[[ ENTRIES SHOWN open ]]

-- ===== src/Tree/Moved.antt =====
-- What the tree holds after pairs went from a level to a deeper one.
use cs.Prelude.{
  ℕ, suc, ◌+◌, ◌≡◌, ◌≢◌, ◌<◌, sym, ap, ◌∙◌, List, [], ◌∷◌, ◌++◌, false, arith, length, is_empty,
}
use cs.Pair.{KeyValuePair, Fits, Ascends}
use cs.Double.{Doubles}
use cs.Bloom.{optimal_bits}
use cs.Store.{Store}
use cs.Run.{Run, data_filename}
use cs.Run.Holds.{Holds}
use cs.Run.Rights.{create-writable}
use cs.Run.Create.{IsAllowed, create-Holds}
use cs.Level
use cs.Level.{Level}
use cs.Tree.{LsmTree, TreeAction, calculate_fpr_for_level}
use cs.Tree.Compact.{compact_if_due, move_down}
use cs.Tree.Holds.{RunsHold, LevelsHold}
use cs.Tree.Names.{LevelsNamed, RunsNamed-snoc, RunsHold-snoc}
use cs.Tree.Frame.{
  SameFile, Holds-SameFile, RunsHold-SameFile, LevelsHold-SameFile, OnlyFilesOf-SameFile,
  delete_all-SameFile,
}
use cs.Tree.Splits.{LevelsHold-append, LevelsHold-split, LevelsNamed-append, LevelsNamed-split}
use cs.Tree.Moves.{cleared, moved, move_down_lem}

module _ (d : Doubles) (sort : List KeyValuePair → List KeyValuePair)
    (next : ℕ → TreeAction (Unit {0})) (t : LsmTree) (above : List Level) (l : Level)
    (mid : List Level) (m : Level) (deeper : List Level) (apsss : List (List (List KeyValuePair)))
    (pss : List (List KeyValuePair)) (mids : List (List (List KeyValuePair)))
    (tss : List (List KeyValuePair)) (rest : List (List (List KeyValuePair)))
    (ps : List KeyValuePair) where
  abbrev a : ℕ
  a = length above

  abbrev b : ℕ
  b = length above + suc (length mid)

  -- The files of all runs but those of the level that is cleared are the same, and the new run is there.
  module _ (s : Store) (r : Run)
      (same : (i j : ℕ) → a ≢ i → ¬ ((b ≡ i) × (length m.runs ≡ j)) → SameFile t.store s i j)
      (new : RunsHold s (r ∷ []) (ps ∷ []))
      (own_name : r.filename ≡ data_filename b (length m.runs)) where
    moved-LevelsHold :
        length apsss ≡ length above
        → length mids ≡ length mid
        → LevelsHold t.store
            (above ++ l ∷ (mid ++ m ∷ deeper))
            (apsss ++ pss ∷ (mids ++ tss ∷ rest))
        → LevelsNamed 0 (above ++ l ∷ (mid ++ m ∷ deeper))
        → LevelsHold s
            (above ++ cleared l ∷ (mid ++ Level.add_run m r ∷ deeper))
            (apsss ++ [] ∷ (mids ++ (tss ++ ps ∷ []) ∷ rest))
    unfolding Level.add_run
    moved-LevelsHold e e' h named =
        let (h₀, h₁) =
          LevelsHold-split t.store above (l ∷ (mid ++ m ∷ deeper)) apsss
            (pss ∷ (mids ++ tss ∷ rest)) e h in
        let (h₂, h₃) = LevelsHold-split t.store mid (m ∷ deeper) mids (tss ∷ rest) e' h₁.1 in
        let (n₀, n₁) = LevelsNamed-split 0 a above (l ∷ (mid ++ m ∷ deeper)) (omega arith) named in
        let (n₂, n₃) = LevelsNamed-split (suc a) b mid (m ∷ deeper) (omega arith) n₁.1 in
        LevelsHold-append s above (cleared l ∷ (mid ++ Level.add_run m r ∷ deeper)) apsss
          ([] ∷ (mids ++ (tss ++ ps ∷ []) ∷ rest))
          (LevelsHold-SameFile t.store s 0 above apsss
            (λ i j x y. same i j (λ z. omega arith) (λ z. omega (arith, z.0))) n₀ h₀)
          (
            tt,
            LevelsHold-append s mid (Level.add_run m r ∷ deeper) mids ((tss ++ ps ∷ []) ∷ rest)
                (LevelsHold-SameFile t.store s (suc a) mid mids
                  (λ i j x y. same i j (λ z. omega arith) (λ z. omega (arith, z.0))) n₂ h₂)
                (
                  RunsHold-snoc s m.runs tss r ps
                      (RunsHold-SameFile t.store s b 0 m.runs tss
                        (λ j x y. same b j (λ z. omega arith) (λ z. omega (arith, z.1))) n₃.0 h₃.0)
                      new.0,
                  LevelsHold-SameFile t.store s (suc b) deeper rest
                      (λ i j x y. same i j (λ z. omega arith) (λ z. omega (arith, z.0))) n₃.1 h₃.1,
                ),
          )

    moved-LevelsNamed :
        LevelsNamed 0 (above ++ l ∷ (mid ++ m ∷ deeper))
        → LevelsNamed 0 (above ++ cleared l ∷ (mid ++ Level.add_run m r ∷ deeper))
    unfolding Level.add_run
    moved-LevelsNamed named =
        let (n₀, n₁) = LevelsNamed-split 0 a above (l ∷ (mid ++ m ∷ deeper)) (omega arith) named in
        let (n₂, n₃) = LevelsNamed-split (suc a) b mid (m ∷ deeper) (omega arith) n₁.1 in
        let z : length m.runs ≡ 0 + length m.runs = omega arith in
        LevelsNamed-append 0 a above (cleared l ∷ (mid ++ Level.add_run m r ∷ deeper)) (omega arith)
          n₀
          (
            tt,
            LevelsNamed-append (suc a) b mid (Level.add_run m r ∷ deeper) (omega arith) n₂
                (RunsNamed-snoc b 0 m.runs r n₃.0 (own_name ∙ ap (data_filename b) z), n₃.1),
          )

  -- The pairs are written as a new run of the deeper level, and the other level is emptied.
  pub move_down-Holds :
      length apsss ≡ length above
      → length mids ≡ length mid
      → LevelsHold t.store (above ++ l ∷ (mid ++ m ∷ deeper)) (apsss ++ pss ∷ (mids ++ tss ∷ rest))
      → LevelsNamed 0 (above ++ l ∷ (mid ++ m ∷ deeper))
      → is_empty ps ≡ false
      → Fits ps
      → Ascends 0 ps
      → 0
        < optimal_bits d
            (length ps)
            (calculate_fpr_for_level d t.max_level (length above + suc (length mid)))
      → IsAllowed t.store (data_filename (length above + suc (length mid)) (length m.runs))
      → (r : Run) × (s : Store) × (move_down d sort next ps
            (length above)
            (length above + suc (length mid))
            (length m.runs)
            (record t { levels = above ++ l ∷ (mid ++ m ∷ deeper) })
          ≡ compact_if_due d sort next
              (length above + suc (length mid))
              (moved d sort next t above l mid m deeper r s))
        × LevelsHold s
            (moved d sort next t above l mid m deeper r s).levels
            (apsss ++ [] ∷ (mids ++ (tss ++ ps ∷ []) ∷ rest))
        × LevelsNamed 0 (moved d sort next t above l mid m deeper r s).levels
        × (s.writable ≡ t.store.writable)
  unfolding moved
  move_down-Holds e e' h named some_pairs fits ascends bits allowed =
      let fpr = calculate_fpr_for_level d t.max_level b in
      let (r, s₁, made, new, own_name, only, w) =
        create-Holds d ps b (length m.runs) fpr t.store some_pairs fits ascends bits allowed in
      let rights : s₁.writable ≡ t.store.writable =
        ap (λ x. x.1.writable) (sym made) ∙ create-writable d ps b (length m.runs) fpr t.store in
      let own = (LevelsNamed-split 0 a above (l ∷ (mid ++ m ∷ deeper)) (omega arith) named).1.0 in
      let (s₂, gone, rights', w', kept) = delete_all-SameFile a 0 l.runs s₁ own in
      let same = λ (i j : ℕ) (x : a ≢ i) (y : ¬ ((b ≡ i) × (length m.runs ≡ j))).
        kept i j x ∙ OnlyFilesOf-SameFile t.store s₁ b (length m.runs) i j only y in
      let there : Holds s₂ r ps =
        Holds-SameFile s₁ s₂ b (length m.runs) r ps (kept b (length m.runs) (λ z. omega arith))
          own_name new in
      (
        r,
        s₂,
        move_down_lem d sort next t above l mid m deeper ps r s₁ s₂ made gone,
        moved-LevelsHold s₂ r same (there, tt) own_name e e' h named,
        moved-LevelsNamed s₂ r same (there, tt) own_name named,
        rights' ∙ rights,
      )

[[ ENTRIES SHOWN closed ]]

**ASSIGNED TASK:** From the first line of the data above to the line containing "(mid : List", repeat everything exactly and add nothing.

**TASK OUTPUT:**
-- ===== src/Tree/Moved.antt =====
-- What the tree holds after pairs went from a level to a deeper one.
use cs.Prelude.{
  ℕ, suc, ◌+◌, ◌≡◌, ◌≢◌, ◌<◌, sym, ap, ◌∙◌, List, [], ◌∷◌, ◌++◌, false, arith, length, is_empty,
}
use cs.Pair.{KeyValuePair, Fits, Ascends}
use cs.Double.{Doubles}
use cs.Bloom.{optimal_bits}
use cs.Store.{Store}
use cs.Run.{Run, data_filename}
use cs.Run.Holds.{Holds}
use cs.Run.Rights.{create-writable}
use cs.Run.Create.{IsAllowed, create-Holds}
use cs.Level
use cs.Level.{Level}
use cs.Tree.{LsmTree, TreeAction, calculate_fpr_for_level}
use cs.Tree.Compact.{compact_if_due, move_down}
use cs.Tree.Holds.{RunsHold, LevelsHold}
use cs.Tree.Names.{LevelsNamed, RunsNamed-snoc, RunsHold-snoc}
use cs.Tree.Frame.{
  SameFile, Holds-SameFile, RunsHold-SameFile, LevelsHold-SameFile, OnlyFilesOf-SameFile,
  delete_all-SameFile,
}
use cs.Tree.Splits.{LevelsHold-append, LevelsHold-split, LevelsNamed-append, LevelsNamed-split}
use cs.Tree.Moves.{cleared, moved, move_down_lem}

module _ (d : Doubles) (sort : List KeyValuePair → List KeyValuePair)
    (next : ℕ → TreeAction (Unit {0})) (t : LsmTree) (above : List Level) (l : Level)
    (mid : List Level) (m : Level) (deeper : List Level) (apsss : List (List (List KeyValuePair)))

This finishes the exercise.